-- ===== src/Tests/Shutdown.antt =====
-- Witnesses for StartRestore and Close.
use docker_network_dhcp.Base.{
  ap, ◌≡◌, ◌≢◌, refl, ◌⊎◌, inl, inr, true, false, none, some, List, [], ◌∷◌, go, GoString-discrete,
}
use docker_network_dhcp.Base.GoMap.{lookup, insert, values}
use docker_network_dhcp.Base.Keyed.{In, SameElements}
use docker_network_dhcp.Util.Outcome.{Outcome, ok, panic, Act}
use docker_network_dhcp.Plugin.Types.{DhcpManager}
use docker_network_dhcp.Plugin.Env.{Sys}
use docker_network_dhcp.Plugin.Table.{update_entry, update_state_entry}
use docker_network_dhcp.Plugin.Leave.{stop, join_finish}
use docker_network_dhcp.Plugin.Leave.Laws.{lookup-join_finish}
use docker_network_dhcp.Plugin.Manager.Start.{Held}
use docker_network_dhcp.Plugin.Service.{stop_manager, close, fresh_plugin}
use docker_network_dhcp.Plugin.Shutdown.{
  ended, waiting, stopping, closed, Shutdown, after_start_restore, wakes, gives_up, completes,
  clears, close_both, cancels, leaves, begins, passes, stops, finishes, restores, closes, joins,
  Reach, here, next,
}
use docker_network_dhcp.Plugin.Shutdown.Waits.{IsPast, close_waits}
use docker_network_dhcp.Plugin.Shutdown.Completes.{HasReturned}
use docker_network_dhcp.Plugin.Shutdown.Stops.{close_stops}
use docker_network_dhcp.Plugin.Shutdown.Ends.{Alone, close_returns, close_misses_join}
use docker_network_dhcp.Tests.World.{World, the_manager, endpoint_id}
use docker_network_dhcp.Tests.Sandbox.{box, held_sim}
use docker_network_dhcp.Tests.Service.{wire, no_docker, started}

abbrev in_order : List DhcpManager → List DhcpManager
in_order ms = ms

abbrev quits : Act (Held World) (Unit {0})
quits h = (ok tt, h)

abbrev Run : Shutdown World → Shutdown World → Type 0
Run = Reach held_sim box wire no_docker in_order quits quits

-- A Join has come to its end, and Close has begun.
abbrev joined_sys : Sys (Held World)
joined_sys = join_finish held_sim endpoint_id (ok the_manager) started

abbrev begun_state : Shutdown World
begun_state = record (after_start_restore joined_sys) {
  joined = the_manager ∷ [];
  closer = waiting;
  cancelled = true;
}

begun_state-Run : Run (after_start_restore started) begun_state
begun_state-Run = next (next here (joins endpoint_id (ok the_manager))) (closes (begins refl))

close_returns_example :
    (u : Shutdown World) × (v : Shutdown World) × (done : List DhcpManager) × Run begun_state u
    × Alone held_sim box wire no_docker in_order quits quits u v
    × (v.closer ≡ closed done (close held_sim box in_order quits quits u.sys).0)
    × (v.sys ≡ (close held_sim box in_order quits quits u.sys).1)
    × ((m : DhcpManager) → In m done → In m (in_order (values u.sys.plugin.persistent_dhcp)))
close_returns_example =
    close_returns held_sim box wire no_docker in_order quits quits started begun_state-Run refl

-- The goroutine of StartRestore sees that its context has ended.
abbrev restore_over : Shutdown World
restore_over = record begun_state {
  restorer = ended;
  restore_cancel = false;
  restore_complete = true;
  restore_wg = 0;
}

restore_over-Run : Run (after_start_restore started) restore_over
unfolding join_finish update_state_entry update_entry held_sim insert lookup values
    GoString-discrete go fresh_plugin
restore_over-Run =
    next
      (next
        (next
          (next
            (next (next begun_state-Run (restores (wakes refl))) (restores (gives_up refl refl)))
            (restores (completes refl)))
          (restores (clears refl)))
        (restores (cancels refl)))
      (restores (leaves refl))

-- Close stops the one manager that there is.
abbrev down : Shutdown World
down = record restore_over {
  sys = record joined_sys { world = (stop_manager held_sim box the_manager joined_sys.world).1 };
  closer = closed (the_manager ∷ []) (ok tt);
  joined = [];
}

down-Run : Run (after_start_restore started) down
unfolding join_finish update_state_entry update_entry held_sim insert lookup values
    GoString-discrete go stop_manager stop fresh_plugin close_both
down-Run =
    next
      (next (next restore_over-Run (closes (passes refl refl)))
        (closes (stops {before = []} {ms = []} {m = the_manager} refl)))
      (closes (finishes {before = the_manager ∷ []} refl))

close_waits_example :
    (IsPast down.closer → (down.restorer ≡ ended) × (down.restore_cancel ≡ false))
    × (down.restore_complete ≡ true
        → HasReturned held_sim box wire no_docker in_order quits quits
            (after_start_restore started)
            down)
close_waits_example = close_waits held_sim box wire no_docker in_order quits quits started down-Run

registered : lookup endpoint_id down.sys.plugin.persistent_dhcp ≡ some the_manager
unfolding fresh_plugin lookup
registered = lookup-join_finish held_sim endpoint_id the_manager started refl

same_order : (ms : List DhcpManager) → SameElements (in_order ms) ms
same_order ms m = (λ i. i, λ i. i)

abbrev done : Outcome (Unit {0})
done = ok tt

not_panic : done ≢ panic
not_panic = λ q. cc

close_stops_example : In the_manager (the_manager ∷ []) ⊎ In the_manager []
close_stops_example =
    close_stops held_sim box wire no_docker in_order quits quits started (the_manager ∷ []) (ok tt)
      same_order down-Run refl not_panic endpoint_id the_manager registered

-- The manager of another endpoint.
abbrev late : DhcpManager
late = record the_manager { hostname = []; primed = false }

abbrev among : Shutdown World
among = record restore_over { closer = stopping [] (the_manager ∷ []); joined = [] }

late_fresh : ¬ In late (the_manager ∷ [])
late_fresh (inl e) = cc (ap (λ (m : DhcpManager). m.primed) e)
late_fresh (inr i) = elim i [ ]

no_mark : lookup (go "late") among.sys.plugin.left_endpoints ≡ none
unfolding join_finish update_state_entry update_entry lookup fresh_plugin GoString-discrete go
no_mark = refl

close_misses_join_example :
    (u : Shutdown World) × (done : List DhcpManager) × (r : Outcome (Unit {0})) × Run among u
    × (u.closer ≡ closed done r)
    × (lookup (go "late") u.sys.plugin.persistent_dhcp ≡ some late)
    × ¬ In late done
close_misses_join_example =
    close_misses_join held_sim box wire no_docker in_order quits quits among [] (the_manager ∷ [])
      (go "late") late refl no_mark late_fresh
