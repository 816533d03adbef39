-- ===== src/Tests/Stopping.antt =====
-- Witnesses for the calls of Stop and the channels of a manager.
use docker_network_dhcp.Base.{ℕ, ◌≤◌, ◌≡◌, refl, inl, Bool, true, false, none, some, [], ◌∷◌}
use docker_network_dhcp.Util.Outcome.{Outcome, ok}
use docker_network_dhcp.Plugin.Leave.{stop}
use docker_network_dhcp.Plugin.Manager.Stopping.{
  calls, awaits_v4, returns, Stopping, closes, takes_v4, here, there, moves, ends_v4, orderly,
  gives_up_v4, Way, Reach, at_start, after, callers, started,
}
use docker_network_dhcp.Plugin.Manager.Stopping.Once.{returned, stop_at_most_once}
use docker_network_dhcp.Plugin.Manager.Stopping.Result.{returns-stop}
use docker_network_dhcp.Plugin.Manager.Stopping.Live.{stop_returns}
use docker_network_dhcp.Tests.World.{sim, sim_of, the_manager}

abbrev Run : ℕ → Stopping → Type 0
Run n = Reach false (ok tt) (ok tt) (started false (ok tt) (ok tt) n)

-- Two callers: the first has taken the one result, and the second waits.
abbrev one_waits : Stopping
one_waits = record {
  channels = record {
    stop_closed = true;
    running_v4 = false;
    running_v6 = false;
    err_chan = none;
    err_chan_v6 = none;
  };
  stoppers = returns (ok tt) ∷ awaits_v4 ∷ [];
}

one_waits-Run : Run 2 one_waits
unfolding callers
one_waits-Run =
    after
      (after
        (after (after at_start (orderly (moves (here closes))))
          (orderly (moves (there (here closes)))))
        (orderly (ends_v4 refl refl refl)))
      (orderly (moves (here (takes_v4 (ok tt) refl))))

stop_at_most_once_example : returned (returns (ok tt) ∷ awaits_v4 ∷ []) ≤ 1
stop_at_most_once_example = stop_at_most_once false (ok tt) (ok tt) 2 one_waits-Run

sim_exits : (v6 : Bool) (w : ℕ) → (sim.client_exit the_manager v6 w).0 ≡ ok tt
unfolding sim sim_of
sim_exits v6 w = refl

returns-stop_example : ok tt ≡ (stop sim the_manager 0).0
returns-stop_example =
    returns-stop false (ok tt) (ok tt) sim the_manager 2 0
      (record { started = refl; has_v6 = refl; v4 = sim_exits false; v6 = sim_exits true })
      one_waits-Run (inl refl)

-- The loop has ended before the one caller has begun.
abbrev ended_early : Stopping
ended_early = record {
  channels = record {
    stop_closed = false;
    running_v4 = false;
    running_v6 = false;
    err_chan = some (ok tt);
    err_chan_v6 = none;
  };
  stoppers = calls ∷ [];
}

ended_early-Run : Run 1 ended_early
unfolding callers
ended_early-Run = after at_start (gives_up_v4 refl refl)

stop_returns_example :
    (u : Stopping) × (r : Outcome (Unit {0})) × Way false (ok tt) (ok tt) ended_early u
    × (u.stoppers ≡ returns r ∷ [])
stop_returns_example = stop_returns false (ok tt) (ok tt) ended_early-Run
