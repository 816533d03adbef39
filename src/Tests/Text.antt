-- ===== src/Tests/Text.antt =====
-- Witnesses for the statuses, the names and the test of a plugin's image.
use docker_network_dhcp.Base.{◌≡◌, refl, ◌≢◌, [], ◌∷◌, ◌++◌, GoString, go, length, arith}
use docker_network_dhcp.Util.Errors.{GoError, sentinel, wrapped, err_bridge_used}
use docker_network_dhcp.Util.Outcome.{ok}
use docker_network_dhcp.Plugin.Names.{veth_pair_names}
use docker_network_dhcp.Plugin.Names.Laws.{max_name, veth_pair_names_lem}
use docker_network_dhcp.Tests.World.{endpoint_id}

abbrev deep : GoError
deep = wrapped (go "a") (wrapped (go "b") (sentinel err_bridge_used))

veth_pair_names_lem_example :
    (host : GoString) × (ctr : GoString) × (veth_pair_names endpoint_id ≡ ok (host, ctr))
    × (length host ≡ max_name)
    × (length ctr ≡ max_name)
    × (host ≢ ctr)
veth_pair_names_lem_example = veth_pair_names_lem endpoint_id (omega arith)

abbrev other_id : GoString
other_id = 1 ∷ 2 ∷ 3 ∷ 4 ∷ 5 ∷ 6 ∷ 7 ∷ 8 ∷ 9 ∷ 10 ∷ 11 ∷ 12 ∷ 99 ∷ []

abbrev cut : GoString
cut = 1 ∷ 2 ∷ 3 ∷ 4 ∷ 5 ∷ 6 ∷ 7 ∷ 8 ∷ 9 ∷ 10 ∷ 11 ∷ 12 ∷ []

abbrev names : GoString × GoString
names = (go "dh-" ++ cut, cut ++ go "-dh")

named : veth_pair_names endpoint_id ≡ ok names
unfolding veth_pair_names
named = refl

other_named : veth_pair_names other_id ≡ ok names
unfolding veth_pair_names
other_named = refl

abbrev image : GoString
image = go "ghcr.io/docker-net-dhcp:latest"
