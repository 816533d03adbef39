-- ===== src/Udhcpc/Fqdn.antt =====
-- The hostname that NewDHCPClient of pkg/udhcpc/client.go encodes for DHCPv6.
use docker_network_dhcp.Base.{
  ℕ, ◌+◌, ◌*◌, ◌-◌, ◌<◌, ◌/◌, ◌%◌, ltb, ◌≡◌, refl, length, take, take-all, Option, none, some, [],
  ◌∷◌, GoString, All, arith, ap, if◌then◌else◌,
}
use docker_network_dhcp.Udhcpc.{hex_digit, hex_encode, fqdn_data}

-- Reading hexadecimal digits in lower case.
abbrev pub hex_value : ℕ → ℕ
hex_value c = if ltb c 58 then c - 48 else c - 87

unfoldable pub hex_decode : GoString → GoString
hex_decode [] = []
hex_decode (c ∷ []) = []
hex_decode (c ∷ d ∷ cs) = (hex_value c * 16 + hex_value d) ∷ hex_decode cs

-- A reader of option 0x27 takes as many bytes as the length says.
unfoldable pub fqdn_name : GoString → Option GoString
fqdn_name (flags ∷ len ∷ rest) = some (take len rest)
fqdn_name _ = none

abbrev pub IsByte : ℕ → Type 0
IsByte b = b < 256

hex_value-hex_digit : (d : ℕ) → d < 16 → hex_value (hex_digit d) ≡ d
hex_value-hex_digit d h = ground arith

digits :
    (b : ℕ) → b < 256 → hex_value (hex_digit (b / 16)) * 16 + hex_value (hex_digit (b % 16)) ≡ b
digits b h =
    rw (hex_value-hex_digit (b / 16) (omega arith), hex_value-hex_digit (b % 16) (omega arith))
      (omega arith)

hex_decode-hex_encode : (s : GoString) → All IsByte s → hex_decode (hex_encode s) ≡ s
unfolding hex_decode hex_encode
hex_decode-hex_encode [] h = refl
hex_decode-hex_encode (b ∷ bs) (h, hs) = cc (digits b h, hex_decode-hex_encode bs hs)

-- A hostname of fewer than 256 bytes is read back from the option.
fqdn_name-fqdn_data :
    (hostname : GoString)
    → All IsByte hostname
    → length hostname < 256
    → fqdn_name (hex_decode (hex_encode (fqdn_data hostname))) ≡ some hostname
unfolding fqdn_name fqdn_data
fqdn_name-fqdn_data hostname bytes fits =
    let whole : length hostname % 256 ≡ length hostname = omega arith in
    rw
      (hex_decode-hex_encode (1 ∷ length hostname % 256 ∷ hostname)
        (omega arith, (omega arith, bytes)))
      (rw whole (ap some (take-all (length hostname) hostname (omega arith))))
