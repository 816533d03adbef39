-- ===== src/Util.antt =====
-- pkg/util: errors, and what the helpers return.
pub mod Errors
pub mod Outcome
pub mod Await
pub mod Json
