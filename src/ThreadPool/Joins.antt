-- ===== src/ThreadPool/Joins.antt =====
-- The joins of Shutdown and ShutdownNow (thread_pool.cpp): every worker returns.
use protoactor_cpp.Base.{
  ℕ, zero, suc, ◌+◌, ◌*◌, ◌≤◌, ◌≡◌, ◌↔◌, inl, inr, refl, ap, Bool, true, false, Option, none, some,
  List, [], ◌∷◌, get_elem?, set, All, eq_nil_of_length, length, if◌then◌else◌, arith, Bool-cases,
  Option-cases,
}
use protoactor_cpp.ThreadPool.{
  Worker, waiting, working, exited, Pool, Move, submits, shuts_down, shuts_down_now, steps, submit,
  shutdown, shutdown_now, take_task, worker_step, move, play,
}

module _ {T : Type 0} where
  abbrev weight : Worker T → ℕ
  weight waiting = 1
  weight (working t) = 2
  weight exited = 0

  abbrev weights : List (Worker T) → ℕ
  weights [] = 0
  weights (w ∷ ws) = weight w + weights ws

  -- The steps that a stopped pool has still to make: two for each task in the queue, one for each
  -- worker that waits and two for each that works.
  abbrev pub remaining : Pool T → ℕ
  remaining p = 2 * length p.queue + weights p.workers

  weights-set :
      (ws : List (Worker T)) (i : ℕ) (w v : Worker T)
      → get_elem? ws i ≡ some w
      → weights (set ws i v) + weight w ≡ weights ws + weight v
  weights-set [] i w v e = cc
  weights-set (x ∷ ws) zero w v e = ground arith
  weights-set (x ∷ ws) (suc i) w v e = omega (arith, weights-set ws i w v e)

  take_task-remaining :
      (p : Pool T) (i : ℕ) (ts : List T)
      → p.stop ≡ true
      → get_elem? p.workers i ≡ some waiting
      → p.queue ≡ ts
      → (remaining (take_task p i ts) + 1 ≡ remaining p) × ((take_task p i ts).stop ≡ true)
  unfolding take_task
  take_task-remaining p i [] stopped at e =
      ground (arith, weights-set p.workers i waiting exited at, stopped, e)
  take_task-remaining p i (t ∷ ts) stopped at e =
      let size : length p.queue ≡ length ts + 1 = rw e (omega arith) in
      (omega (arith, weights-set p.workers i waiting (working t) at, size), stopped)

  abbrev pub returned : Worker T → Bool
  returned exited = true
  returned w = false

  worker_step-remaining :
      (p : Pool T) (i : ℕ) (w : Worker T)
      → p.stop ≡ true
      → get_elem? p.workers i ≡ some w
      → returned w ≡ false
      → (remaining (worker_step p i w) + 1 ≡ remaining p) × ((worker_step p i w).stop ≡ true)
  unfolding worker_step
  worker_step-remaining p i waiting stopped at h = take_task-remaining p i p.queue stopped at refl
  worker_step-remaining p i (working t) stopped at h =
      (omega (arith, weights-set p.workers i (working t) waiting at), stopped)
  worker_step-remaining p i exited stopped at h = ground arith

  abbrev unfinished : Option (Worker T) → ℕ
  unfinished none = 0
  unfinished (some w) = if returned w then 0 else 1

  -- 1 for the step of a worker that has not returned, and 0 for each other move.
  abbrev pub productive : Pool T → Move T → ℕ
  productive p (steps i) = unfinished (get_elem? p.workers i)
  productive p mv = 0

  exited_step : (p : Pool T) (i : ℕ) (w : Worker T) → returned w ≡ true → worker_step p i w ≡ p
  unfolding worker_step
  exited_step p i exited h = refl
  exited_step p i waiting h = ground arith
  exited_step p i (working t) h = ground arith

  move-remaining :
      (p : Pool T) (mv : Move T)
      → p.stop ≡ true
      → (productive p mv + remaining (move p mv) ≡ remaining p) × ((move p mv).stop ≡ true)
  unfolding move submit shutdown shutdown_now
  move-remaining p (submits none) stopped = (omega arith, stopped)
  move-remaining p (submits (some t)) stopped = ground arith
  move-remaining p shuts_down stopped = ground arith
  move-remaining p shuts_down_now stopped = ground arith
  move-remaining p (steps i) stopped = elim (Option-cases (get_elem? p.workers i)) [
    | inl e ↦ rw e (omega arith, stopped)
    | inr (w, e) ↦ elim (Bool-cases (returned w)) [
      | inl back ↦ rw (e, back, exited_step p i w back) (omega arith, stopped)
      | inr inside ↦
          let (less, still) = worker_step-remaining p i w stopped e inside in
          rw (e, inside) (omega (arith, less), still)
    ]
  ]

  -- The productive moves of a run.
  abbrev pub productive_moves : Pool T → List (Move T) → ℕ
  productive_moves p [] = 0
  productive_moves p (mv ∷ mvs) = productive p mv + productive_moves (move p mv) mvs

  weightless_returned : (ws : List (Worker T)) → weights ws ≡ 0 → All (λ w. returned w ≡ true) ws
  weightless_returned [] h = tt
  weightless_returned (waiting ∷ ws) h = absurd (omega arith)
  weightless_returned (working t ∷ ws) h = absurd (omega arith)
  weightless_returned (exited ∷ ws) h = (refl, weightless_returned ws (omega arith))

  play-remaining :
      (p : Pool T) (mvs : List (Move T))
      → p.stop ≡ true
      → productive_moves p mvs + remaining (play p mvs) ≡ remaining p
  unfolding play
  play-remaining p [] stopped = omega arith
  play-remaining p (mv ∷ mvs) stopped =
      let (less, still) = move-remaining p mv stopped in
      omega (arith, less, play-remaining (move p mv) mvs still)

  no_weight : (ws : List (Worker T)) → All (λ w. returned w ≡ true) ws → weights ws ≡ 0
  no_weight [] h = refl
  no_weight (waiting ∷ ws) h = ground arith
  no_weight (working t ∷ ws) h = ground arith
  no_weight (exited ∷ ws) h = omega (arith, no_weight ws h.1)

  -- Once the pool is stopped, whatever is called: a run has at most `remaining` steps of workers
  -- that have not returned, and it has exactly so many if and only if in the end every worker has
  -- returned and the queue is empty.
  pub joins_end :
      (p : Pool T) (mvs : List (Move T))
      → p.stop ≡ true
      → (productive_moves p mvs ≤ remaining p)
        × ((productive_moves p mvs ≡ remaining p)
            ↔ (All (λ w. returned w ≡ true) (play p mvs).workers × ((play p mvs).queue ≡ [])))
  joins_end p mvs stopped =
      let count = play-remaining p mvs stopped in
      (
        omega (arith, count),
        (
          λ all_done. (
            weightless_returned (play p mvs).workers (omega (arith, count)),
            eq_nil_of_length (play p mvs).queue (omega (arith, count)),
          ),
          λ (back, empty).
              let none_left = no_weight (play p mvs).workers back in
              let no_task : length (play p mvs).queue ≡ 0 = ap length empty in
              omega (arith, count, none_left, no_task),
        ),
      )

□ □ □ □ □

(HOW TO COMPLETE THIS TASK) Please report how many lines of the material above contain the string "image", with no other words.

(PROBLEM SOLUTION) 3